:: What you need to do ::
Look below for the lines from the one with "stable_sort-All P (x" to the one with "-- A sorted", and copy exactly those lines, both ends included.

(Excerpts from a dataset)
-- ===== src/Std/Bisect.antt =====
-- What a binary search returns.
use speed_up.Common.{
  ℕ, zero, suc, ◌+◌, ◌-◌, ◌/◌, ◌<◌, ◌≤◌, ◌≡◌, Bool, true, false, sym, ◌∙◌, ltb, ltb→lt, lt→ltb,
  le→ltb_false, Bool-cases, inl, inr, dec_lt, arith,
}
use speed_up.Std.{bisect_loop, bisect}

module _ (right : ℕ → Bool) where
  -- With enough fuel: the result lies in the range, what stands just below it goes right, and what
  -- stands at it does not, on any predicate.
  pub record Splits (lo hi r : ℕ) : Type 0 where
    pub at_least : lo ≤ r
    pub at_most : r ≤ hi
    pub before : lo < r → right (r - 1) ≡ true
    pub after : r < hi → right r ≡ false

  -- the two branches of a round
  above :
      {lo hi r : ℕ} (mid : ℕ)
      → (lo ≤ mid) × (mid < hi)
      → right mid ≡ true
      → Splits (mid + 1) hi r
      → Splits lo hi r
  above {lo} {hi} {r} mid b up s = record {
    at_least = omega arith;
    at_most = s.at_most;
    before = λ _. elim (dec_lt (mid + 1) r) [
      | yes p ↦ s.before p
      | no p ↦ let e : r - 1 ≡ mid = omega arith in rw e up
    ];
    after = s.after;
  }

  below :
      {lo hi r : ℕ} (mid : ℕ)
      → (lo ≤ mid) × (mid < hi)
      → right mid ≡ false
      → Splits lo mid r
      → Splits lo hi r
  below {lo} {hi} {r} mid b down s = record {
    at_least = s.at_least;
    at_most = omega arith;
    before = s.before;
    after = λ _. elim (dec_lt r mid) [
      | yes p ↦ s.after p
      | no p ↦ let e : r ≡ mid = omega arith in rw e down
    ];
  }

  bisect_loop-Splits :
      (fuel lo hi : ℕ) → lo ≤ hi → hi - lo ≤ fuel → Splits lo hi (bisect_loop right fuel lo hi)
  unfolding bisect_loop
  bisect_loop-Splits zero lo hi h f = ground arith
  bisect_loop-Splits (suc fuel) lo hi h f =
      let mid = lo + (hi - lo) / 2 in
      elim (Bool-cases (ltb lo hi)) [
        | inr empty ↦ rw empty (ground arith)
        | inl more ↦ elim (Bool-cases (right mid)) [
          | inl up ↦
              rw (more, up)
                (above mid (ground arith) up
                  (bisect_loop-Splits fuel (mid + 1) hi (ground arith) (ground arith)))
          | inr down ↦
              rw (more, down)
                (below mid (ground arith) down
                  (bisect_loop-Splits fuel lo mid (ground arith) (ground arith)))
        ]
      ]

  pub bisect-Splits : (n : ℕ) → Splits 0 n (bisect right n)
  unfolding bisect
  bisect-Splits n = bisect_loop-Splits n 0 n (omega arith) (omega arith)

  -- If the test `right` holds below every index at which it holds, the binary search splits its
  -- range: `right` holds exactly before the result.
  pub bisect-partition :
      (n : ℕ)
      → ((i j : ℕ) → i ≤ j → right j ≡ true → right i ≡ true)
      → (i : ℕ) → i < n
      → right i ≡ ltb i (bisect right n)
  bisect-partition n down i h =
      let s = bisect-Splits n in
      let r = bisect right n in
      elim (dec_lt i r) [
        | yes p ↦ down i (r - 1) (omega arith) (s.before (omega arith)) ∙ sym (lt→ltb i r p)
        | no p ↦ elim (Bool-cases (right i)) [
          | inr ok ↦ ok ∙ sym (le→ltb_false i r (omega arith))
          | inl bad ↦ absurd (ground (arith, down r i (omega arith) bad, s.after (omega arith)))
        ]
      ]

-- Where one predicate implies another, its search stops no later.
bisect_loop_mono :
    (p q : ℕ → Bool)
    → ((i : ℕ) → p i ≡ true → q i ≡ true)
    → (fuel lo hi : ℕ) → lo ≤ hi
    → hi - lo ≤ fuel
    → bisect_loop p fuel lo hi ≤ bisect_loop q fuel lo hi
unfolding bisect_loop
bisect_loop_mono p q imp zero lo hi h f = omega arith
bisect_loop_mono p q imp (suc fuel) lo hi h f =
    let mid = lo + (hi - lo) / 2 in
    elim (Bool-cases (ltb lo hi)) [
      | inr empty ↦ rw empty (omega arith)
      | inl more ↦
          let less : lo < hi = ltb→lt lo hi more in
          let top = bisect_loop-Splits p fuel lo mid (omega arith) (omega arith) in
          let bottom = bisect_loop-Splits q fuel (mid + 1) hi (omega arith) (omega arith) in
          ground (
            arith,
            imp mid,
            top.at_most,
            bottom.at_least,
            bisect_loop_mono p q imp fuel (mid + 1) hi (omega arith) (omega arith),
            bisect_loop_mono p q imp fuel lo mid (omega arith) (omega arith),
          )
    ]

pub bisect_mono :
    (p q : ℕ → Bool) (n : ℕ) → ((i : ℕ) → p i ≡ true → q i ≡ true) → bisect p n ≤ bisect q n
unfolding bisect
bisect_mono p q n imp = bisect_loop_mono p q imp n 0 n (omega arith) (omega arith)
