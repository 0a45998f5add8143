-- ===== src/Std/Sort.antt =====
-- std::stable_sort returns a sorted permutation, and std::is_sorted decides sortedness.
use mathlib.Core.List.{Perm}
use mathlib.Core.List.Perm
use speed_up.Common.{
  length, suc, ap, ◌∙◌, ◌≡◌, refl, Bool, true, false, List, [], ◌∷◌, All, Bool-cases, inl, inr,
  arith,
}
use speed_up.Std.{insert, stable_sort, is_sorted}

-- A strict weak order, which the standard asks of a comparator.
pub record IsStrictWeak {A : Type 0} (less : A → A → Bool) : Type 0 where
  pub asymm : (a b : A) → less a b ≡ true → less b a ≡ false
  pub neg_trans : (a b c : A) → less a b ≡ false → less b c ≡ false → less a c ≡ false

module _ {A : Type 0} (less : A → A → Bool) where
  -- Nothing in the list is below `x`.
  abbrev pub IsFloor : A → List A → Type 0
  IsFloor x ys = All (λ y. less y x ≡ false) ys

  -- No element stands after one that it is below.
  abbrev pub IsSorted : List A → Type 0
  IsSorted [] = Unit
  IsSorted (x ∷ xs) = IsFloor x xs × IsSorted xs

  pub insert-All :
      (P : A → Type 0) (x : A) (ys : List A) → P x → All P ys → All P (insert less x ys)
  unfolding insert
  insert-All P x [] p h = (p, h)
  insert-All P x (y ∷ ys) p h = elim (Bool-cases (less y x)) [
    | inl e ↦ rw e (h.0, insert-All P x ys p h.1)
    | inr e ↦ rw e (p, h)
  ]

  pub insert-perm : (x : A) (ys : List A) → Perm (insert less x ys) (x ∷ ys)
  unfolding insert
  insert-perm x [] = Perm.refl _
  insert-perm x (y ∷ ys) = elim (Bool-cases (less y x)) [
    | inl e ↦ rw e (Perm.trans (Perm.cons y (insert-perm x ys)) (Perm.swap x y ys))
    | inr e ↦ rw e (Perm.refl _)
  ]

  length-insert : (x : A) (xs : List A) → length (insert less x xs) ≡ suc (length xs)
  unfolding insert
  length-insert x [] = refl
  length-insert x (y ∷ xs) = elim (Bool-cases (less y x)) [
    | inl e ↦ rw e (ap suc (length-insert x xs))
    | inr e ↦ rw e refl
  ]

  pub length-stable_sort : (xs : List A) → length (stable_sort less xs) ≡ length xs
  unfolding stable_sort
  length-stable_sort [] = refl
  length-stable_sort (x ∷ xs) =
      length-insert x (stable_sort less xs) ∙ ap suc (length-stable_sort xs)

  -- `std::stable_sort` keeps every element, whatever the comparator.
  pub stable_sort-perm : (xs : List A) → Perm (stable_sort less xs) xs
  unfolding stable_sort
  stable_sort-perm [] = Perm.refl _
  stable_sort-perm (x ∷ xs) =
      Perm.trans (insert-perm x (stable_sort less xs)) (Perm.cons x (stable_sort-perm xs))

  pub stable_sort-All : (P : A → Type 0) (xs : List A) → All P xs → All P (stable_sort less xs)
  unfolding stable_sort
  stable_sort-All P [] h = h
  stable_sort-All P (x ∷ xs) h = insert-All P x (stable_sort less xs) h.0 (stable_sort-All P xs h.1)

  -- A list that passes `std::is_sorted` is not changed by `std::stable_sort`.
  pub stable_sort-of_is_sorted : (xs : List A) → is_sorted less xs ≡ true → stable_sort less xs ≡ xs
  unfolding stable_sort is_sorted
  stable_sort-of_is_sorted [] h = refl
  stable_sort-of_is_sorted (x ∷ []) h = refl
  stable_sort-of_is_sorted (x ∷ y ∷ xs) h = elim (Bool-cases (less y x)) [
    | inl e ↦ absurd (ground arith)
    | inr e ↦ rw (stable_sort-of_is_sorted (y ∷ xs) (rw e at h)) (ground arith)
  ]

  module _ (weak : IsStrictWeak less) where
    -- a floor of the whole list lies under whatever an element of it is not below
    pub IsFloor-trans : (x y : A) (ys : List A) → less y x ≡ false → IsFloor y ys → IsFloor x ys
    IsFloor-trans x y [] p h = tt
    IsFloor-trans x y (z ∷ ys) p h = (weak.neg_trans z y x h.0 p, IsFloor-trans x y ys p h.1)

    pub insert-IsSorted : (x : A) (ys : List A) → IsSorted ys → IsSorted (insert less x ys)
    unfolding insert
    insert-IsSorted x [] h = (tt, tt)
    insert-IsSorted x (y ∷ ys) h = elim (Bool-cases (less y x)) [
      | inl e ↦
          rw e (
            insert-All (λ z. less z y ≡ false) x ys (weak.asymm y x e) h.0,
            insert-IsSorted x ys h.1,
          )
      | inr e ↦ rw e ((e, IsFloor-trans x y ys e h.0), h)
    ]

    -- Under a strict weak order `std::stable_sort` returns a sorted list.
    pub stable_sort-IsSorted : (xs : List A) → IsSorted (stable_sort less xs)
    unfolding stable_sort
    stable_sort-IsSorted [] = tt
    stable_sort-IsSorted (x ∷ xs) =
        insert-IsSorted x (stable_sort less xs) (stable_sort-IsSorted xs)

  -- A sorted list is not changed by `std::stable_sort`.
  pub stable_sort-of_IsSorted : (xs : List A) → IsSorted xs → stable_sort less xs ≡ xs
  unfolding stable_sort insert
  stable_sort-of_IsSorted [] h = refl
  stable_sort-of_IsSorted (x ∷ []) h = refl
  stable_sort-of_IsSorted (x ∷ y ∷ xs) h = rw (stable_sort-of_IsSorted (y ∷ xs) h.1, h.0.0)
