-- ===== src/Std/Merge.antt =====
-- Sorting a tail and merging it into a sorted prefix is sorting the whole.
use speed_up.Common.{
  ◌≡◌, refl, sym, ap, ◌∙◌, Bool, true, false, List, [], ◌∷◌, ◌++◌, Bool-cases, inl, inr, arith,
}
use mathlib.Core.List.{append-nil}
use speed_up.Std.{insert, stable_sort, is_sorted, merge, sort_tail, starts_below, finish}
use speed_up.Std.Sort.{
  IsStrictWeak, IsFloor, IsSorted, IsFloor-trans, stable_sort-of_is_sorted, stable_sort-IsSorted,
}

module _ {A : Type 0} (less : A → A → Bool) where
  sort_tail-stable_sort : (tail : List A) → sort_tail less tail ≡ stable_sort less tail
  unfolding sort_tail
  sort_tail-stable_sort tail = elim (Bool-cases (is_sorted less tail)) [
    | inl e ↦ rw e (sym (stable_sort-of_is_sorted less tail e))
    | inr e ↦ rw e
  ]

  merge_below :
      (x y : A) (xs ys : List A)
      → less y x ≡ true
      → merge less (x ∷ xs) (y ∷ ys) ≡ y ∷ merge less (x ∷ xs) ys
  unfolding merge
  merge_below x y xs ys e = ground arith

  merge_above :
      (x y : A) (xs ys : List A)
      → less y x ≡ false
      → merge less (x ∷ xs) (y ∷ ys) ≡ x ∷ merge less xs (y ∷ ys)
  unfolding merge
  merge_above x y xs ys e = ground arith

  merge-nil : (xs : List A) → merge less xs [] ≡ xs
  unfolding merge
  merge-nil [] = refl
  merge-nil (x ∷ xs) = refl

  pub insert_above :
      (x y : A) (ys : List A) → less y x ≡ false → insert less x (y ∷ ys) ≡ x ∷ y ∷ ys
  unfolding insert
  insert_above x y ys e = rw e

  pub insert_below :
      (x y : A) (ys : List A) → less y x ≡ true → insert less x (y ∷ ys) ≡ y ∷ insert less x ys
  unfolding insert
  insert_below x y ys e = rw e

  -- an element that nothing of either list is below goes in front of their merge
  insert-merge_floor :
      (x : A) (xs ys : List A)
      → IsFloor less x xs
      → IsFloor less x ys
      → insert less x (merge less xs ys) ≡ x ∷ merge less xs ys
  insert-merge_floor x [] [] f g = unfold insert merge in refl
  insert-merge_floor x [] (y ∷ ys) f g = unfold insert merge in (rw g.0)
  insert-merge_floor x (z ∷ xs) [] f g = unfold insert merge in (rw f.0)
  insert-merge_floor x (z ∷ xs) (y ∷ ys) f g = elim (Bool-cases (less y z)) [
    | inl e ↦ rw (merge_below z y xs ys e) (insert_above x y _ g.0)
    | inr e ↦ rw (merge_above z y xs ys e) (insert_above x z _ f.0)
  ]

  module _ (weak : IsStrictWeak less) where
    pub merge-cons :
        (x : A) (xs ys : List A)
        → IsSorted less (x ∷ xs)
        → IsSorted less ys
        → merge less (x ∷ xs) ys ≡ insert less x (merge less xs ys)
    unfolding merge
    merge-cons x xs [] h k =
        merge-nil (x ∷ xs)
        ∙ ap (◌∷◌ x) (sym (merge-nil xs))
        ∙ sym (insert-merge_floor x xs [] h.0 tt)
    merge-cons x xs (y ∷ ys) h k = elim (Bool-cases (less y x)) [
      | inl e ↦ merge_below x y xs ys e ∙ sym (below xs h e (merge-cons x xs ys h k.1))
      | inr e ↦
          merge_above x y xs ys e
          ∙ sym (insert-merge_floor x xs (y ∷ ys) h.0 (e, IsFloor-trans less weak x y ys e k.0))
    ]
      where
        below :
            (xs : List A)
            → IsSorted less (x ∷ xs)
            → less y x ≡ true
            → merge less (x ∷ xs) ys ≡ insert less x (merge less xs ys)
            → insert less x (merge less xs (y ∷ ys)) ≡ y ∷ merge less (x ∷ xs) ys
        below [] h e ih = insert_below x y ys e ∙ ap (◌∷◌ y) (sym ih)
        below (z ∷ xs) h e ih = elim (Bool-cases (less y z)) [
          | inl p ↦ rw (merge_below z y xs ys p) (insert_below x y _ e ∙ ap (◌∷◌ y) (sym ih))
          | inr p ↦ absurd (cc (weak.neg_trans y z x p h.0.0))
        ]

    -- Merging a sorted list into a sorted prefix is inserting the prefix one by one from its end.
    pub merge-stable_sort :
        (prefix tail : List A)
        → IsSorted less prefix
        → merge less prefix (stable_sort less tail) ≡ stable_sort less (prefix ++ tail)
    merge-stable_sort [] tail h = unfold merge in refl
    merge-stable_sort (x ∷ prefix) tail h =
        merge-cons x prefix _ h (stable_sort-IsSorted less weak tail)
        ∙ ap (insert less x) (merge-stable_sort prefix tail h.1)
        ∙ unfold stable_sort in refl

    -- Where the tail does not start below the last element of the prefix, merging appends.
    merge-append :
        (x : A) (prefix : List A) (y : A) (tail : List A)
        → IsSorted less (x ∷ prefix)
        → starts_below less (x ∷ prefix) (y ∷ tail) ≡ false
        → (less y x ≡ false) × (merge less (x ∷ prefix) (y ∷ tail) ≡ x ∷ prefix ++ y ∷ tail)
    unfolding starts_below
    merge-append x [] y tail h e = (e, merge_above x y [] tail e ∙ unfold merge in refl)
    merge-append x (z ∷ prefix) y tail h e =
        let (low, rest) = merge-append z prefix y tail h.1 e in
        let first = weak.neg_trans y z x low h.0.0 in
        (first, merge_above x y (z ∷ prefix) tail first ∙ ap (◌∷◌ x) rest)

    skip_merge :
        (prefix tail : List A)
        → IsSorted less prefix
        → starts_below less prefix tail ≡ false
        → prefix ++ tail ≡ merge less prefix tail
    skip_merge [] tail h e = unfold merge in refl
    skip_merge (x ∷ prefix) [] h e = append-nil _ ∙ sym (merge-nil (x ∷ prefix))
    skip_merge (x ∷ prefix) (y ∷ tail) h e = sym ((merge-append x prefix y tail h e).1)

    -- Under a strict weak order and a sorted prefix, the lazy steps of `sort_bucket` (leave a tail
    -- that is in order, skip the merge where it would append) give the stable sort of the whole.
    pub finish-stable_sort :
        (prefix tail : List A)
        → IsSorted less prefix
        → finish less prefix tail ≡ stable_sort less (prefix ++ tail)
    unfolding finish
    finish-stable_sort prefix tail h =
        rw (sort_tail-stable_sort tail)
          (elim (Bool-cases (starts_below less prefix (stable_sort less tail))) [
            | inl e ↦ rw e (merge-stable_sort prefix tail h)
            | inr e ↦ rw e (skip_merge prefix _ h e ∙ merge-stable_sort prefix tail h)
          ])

:: Expected answer ::
  stable_sort-All P (x ∷ xs) h = insert-All P x (stable_sort less xs) h.0 (stable_sort-All P xs h.1)

  -- A list that passes `std::is_sorted` is not changed by `std::stable_sort`.
  pub stable_sort-of_is_sorted : (xs : List A) → is_sorted less xs ≡ true → stable_sort less xs ≡ xs
  unfolding stable_sort is_sorted
  stable_sort-of_is_sorted [] h = refl
  stable_sort-of_is_sorted (x ∷ []) h = refl
  stable_sort-of_is_sorted (x ∷ y ∷ xs) h = elim (Bool-cases (less y x)) [
    | inl e ↦ absurd (ground arith)
    | inr e ↦ rw (stable_sort-of_is_sorted (y ∷ xs) (rw e at h)) (ground arith)
  ]

  module _ (weak : IsStrictWeak less) where
    -- a floor of the whole list lies under whatever an element of it is not below
    pub IsFloor-trans : (x y : A) (ys : List A) → less y x ≡ false → IsFloor y ys → IsFloor x ys
    IsFloor-trans x y [] p h = tt
    IsFloor-trans x y (z ∷ ys) p h = (weak.neg_trans z y x h.0 p, IsFloor-trans x y ys p h.1)

    pub insert-IsSorted : (x : A) (ys : List A) → IsSorted ys → IsSorted (insert less x ys)
    unfolding insert
    insert-IsSorted x [] h = (tt, tt)
    insert-IsSorted x (y ∷ ys) h = elim (Bool-cases (less y x)) [
      | inl e ↦
          rw e (
            insert-All (λ z. less z y ≡ false) x ys (weak.asymm y x e) h.0,
            insert-IsSorted x ys h.1,
          )
      | inr e ↦ rw e ((e, IsFloor-trans x y ys e h.0), h)
    ]

    -- Under a strict weak order `std::stable_sort` returns a sorted list.
    pub stable_sort-IsSorted : (xs : List A) → IsSorted (stable_sort less xs)
    unfolding stable_sort
    stable_sort-IsSorted [] = tt
    stable_sort-IsSorted (x ∷ xs) =
        insert-IsSorted x (stable_sort less xs) (stable_sort-IsSorted xs)

  -- A sorted list is not changed by `std::stable_sort`.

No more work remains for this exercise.